# Exclusive Car Care: Ferrari 430 Scuderia Spider 16M detailing



## Exclusive Car Care (Jan 14, 2007)

Thanks for taking the time to view another thread from us. This time we have a Ferrari 430 Scuderia Spider 16M.

In 2008 Ferrari successfully won its 16th Formula 1 constructors championship. To celebrate this occasion, Ferrari built the limited edition (only 499 models made) 430 Scuderia Spider 16M which was derived from the 430 Scuderia.

I started the Ferrari 16M with a good clean and detox over the entire vehicle which included wheels, arches, doors, engine, and convertible top. Before drying the car with compressed air and a microfiber drying towel I set to work decontaminating the paintwork and glass - Tardis was used first to remove any tar spots and then I used a clay bar to remove any other contaminents that washing alone will not remove.



















With the 16M washed and dryed I then turned my attention to the engine bay which is full of carbon fiber. With the build up of heat in the engine bay the CF can eventually turn "milky" if not protected/treated regularly.

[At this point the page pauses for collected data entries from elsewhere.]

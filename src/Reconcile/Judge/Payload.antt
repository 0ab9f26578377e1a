-- ===== src/Reconcile/Judge/Payload.antt =====
-- workflows/reconcile/src/reconcile.ts: a payload that differs from the one that was signed.
use cell_flow.Prelude.{
  ◌≡◌, ◌≢◌, true, Option, some, none, arith, refl, String, eq_iff, string_eq, option_eq,
}
use cell_flow.Core.Settlement.{truthy}
use cell_flow.Core.Types.{ObservedStatus}
use cell_flow.Core.Observation.{shows_transaction, differs}
use cell_flow.Rpc.Session.{RpcTransactionResult}
use cell_flow.Store.Rows.{IntentAggregate, TransactionAttemptRecord}
use cell_flow.Reconcile.Draft.{
  Context, payload_mismatch, observed_fingerprint, transaction_document, attempt_hash,
}

-- The node neither misses the transaction nor rejects it.
abbrev pub IsShown : ObservedStatus → Type 0
IsShown status = (status ≢ ObservedStatus.unknown) × (status ≢ ObservedStatus.rejected)

shows_transaction-IsShown :
    (status : ObservedStatus) → shows_transaction status ≡ true → IsShown status
shows_transaction-IsShown ObservedStatus.pending h = (λ e. cc, λ e. cc)
shows_transaction-IsShown ObservedStatus.proposed h = (λ e. cc, λ e. cc)
shows_transaction-IsShown ObservedStatus.committed h = (λ e. cc, λ e. cc)
shows_transaction-IsShown ObservedStatus.unknown h = cc
shows_transaction-IsShown ObservedStatus.rejected h = cc

-- The node shows the transaction with a payload whose fingerprint is not the one recorded for the
-- active attempt.
pub record IsMismatched (x : Context) (g : IntentAggregate) (r : Option RpcTransactionResult)
    : Type 0 where
  pub attempt : TransactionAttemptRecord
  pub answer : RpcTransactionResult
  pub recorded : String
  pub found : String
  pub active : g.active_attempt ≡ some attempt
  pub has_recorded : attempt.signed_payload_hash_sha256 ≡ some recorded
  pub shown : r ≡ some answer
  pub has_found : x.fingerprint answer.document ≡ some found
  pub different : found ≢ recorded

fingerprint-parts :
    (x : Context) (r : Option RpcTransactionResult) (found : String)
    → observed_fingerprint x (transaction_document r) ≡ some found
    → (answer : RpcTransactionResult) × (r ≡ some answer)
      × (x.fingerprint answer.document ≡ some found)
unfolding observed_fingerprint
fingerprint-parts x none found h = cc
fingerprint-parts x (some answer) found h = (answer, refl, ground arith)

hash-parts :
    (a : Option TransactionAttemptRecord) (recorded : String)
    → attempt_hash a ≡ some recorded
    → (attempt : TransactionAttemptRecord) × (a ≡ some attempt)
      × (attempt.signed_payload_hash_sha256 ≡ some recorded)
hash-parts none recorded h = cc
hash-parts (some a) recorded h = (a, refl, h)

differing :
    (a b : Option String)
    → truthy a ≡ true
    → truthy b ≡ true
    → differs a b ≡ true
    → (f : String) × (k : String) × (a ≡ some f) × (b ≡ some k) × (f ≢ k)
differing none b p q h = cc
differing (some f) none p q h = cc
differing (some f) (some k) p q h = (f, k, refl, refl, λ e. ground (arith, (eq_iff f k).1 e))

pub payload_mismatch-IsMismatched :
    (x : Context) (g : IntentAggregate) (status : ObservedStatus) (r : Option RpcTransactionResult)
    → payload_mismatch x g status r ≡ true
    → IsShown status × IsMismatched x g r
unfolding payload_mismatch
payload_mismatch-IsMismatched x g status r h =
    let observed = observed_fingerprint x (transaction_document r) in
    let hash = attempt_hash g.active_attempt in
    let (found, recorded, p, q, different) =
      differing observed hash (ground arith) (ground arith) (ground arith) in
    let (attempt, active, has_recorded) = hash-parts g.active_attempt recorded q in
    let (answer, shown, has_found) = fingerprint-parts x r found p in
    (
      shows_transaction-IsShown status (ground arith),
      record {
        attempt = attempt;
        answer = answer;
        recorded = recorded;
        found = found;
        active = active;
        has_recorded = has_recorded;
        shown = shown;
        has_found = has_found;
        different = different;
      },
    )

All CF components were polished with Megs D300 and a Lake County Light Polishing Pad. This restored great clarity and really made the weave stand out.










Below is a 50/50 showing how much clarity was restored...










And a "before & after" showing the difference made...

















All the interior CF also received the same treatment as the engine bay. Once polished the CF was given a coat of Werkstat Prime Acrylic which was then eventaully topeed with a coat of Swissvax Best of Show.























































RaceGlaze Alcantera Cleaner was used to clean the alcantara seats and dash.










With the bulk of the work done in the engine bay and the interior complete I set about finding a polish/pad combo to remove the defects that were present on the paintwork of this Ferrari.

Below are a few before & afters during the paint correction process.













































































































Once all the heavy polishing stages were complete the paintwork was given a further stage of machine polishing to refine the finish.
































































Client requested something with good durability to protect the wheels and paintwork and opted to have Gtechniq C1 applied.




























Gtechniq C1 was also used on the CF in the Engine bay.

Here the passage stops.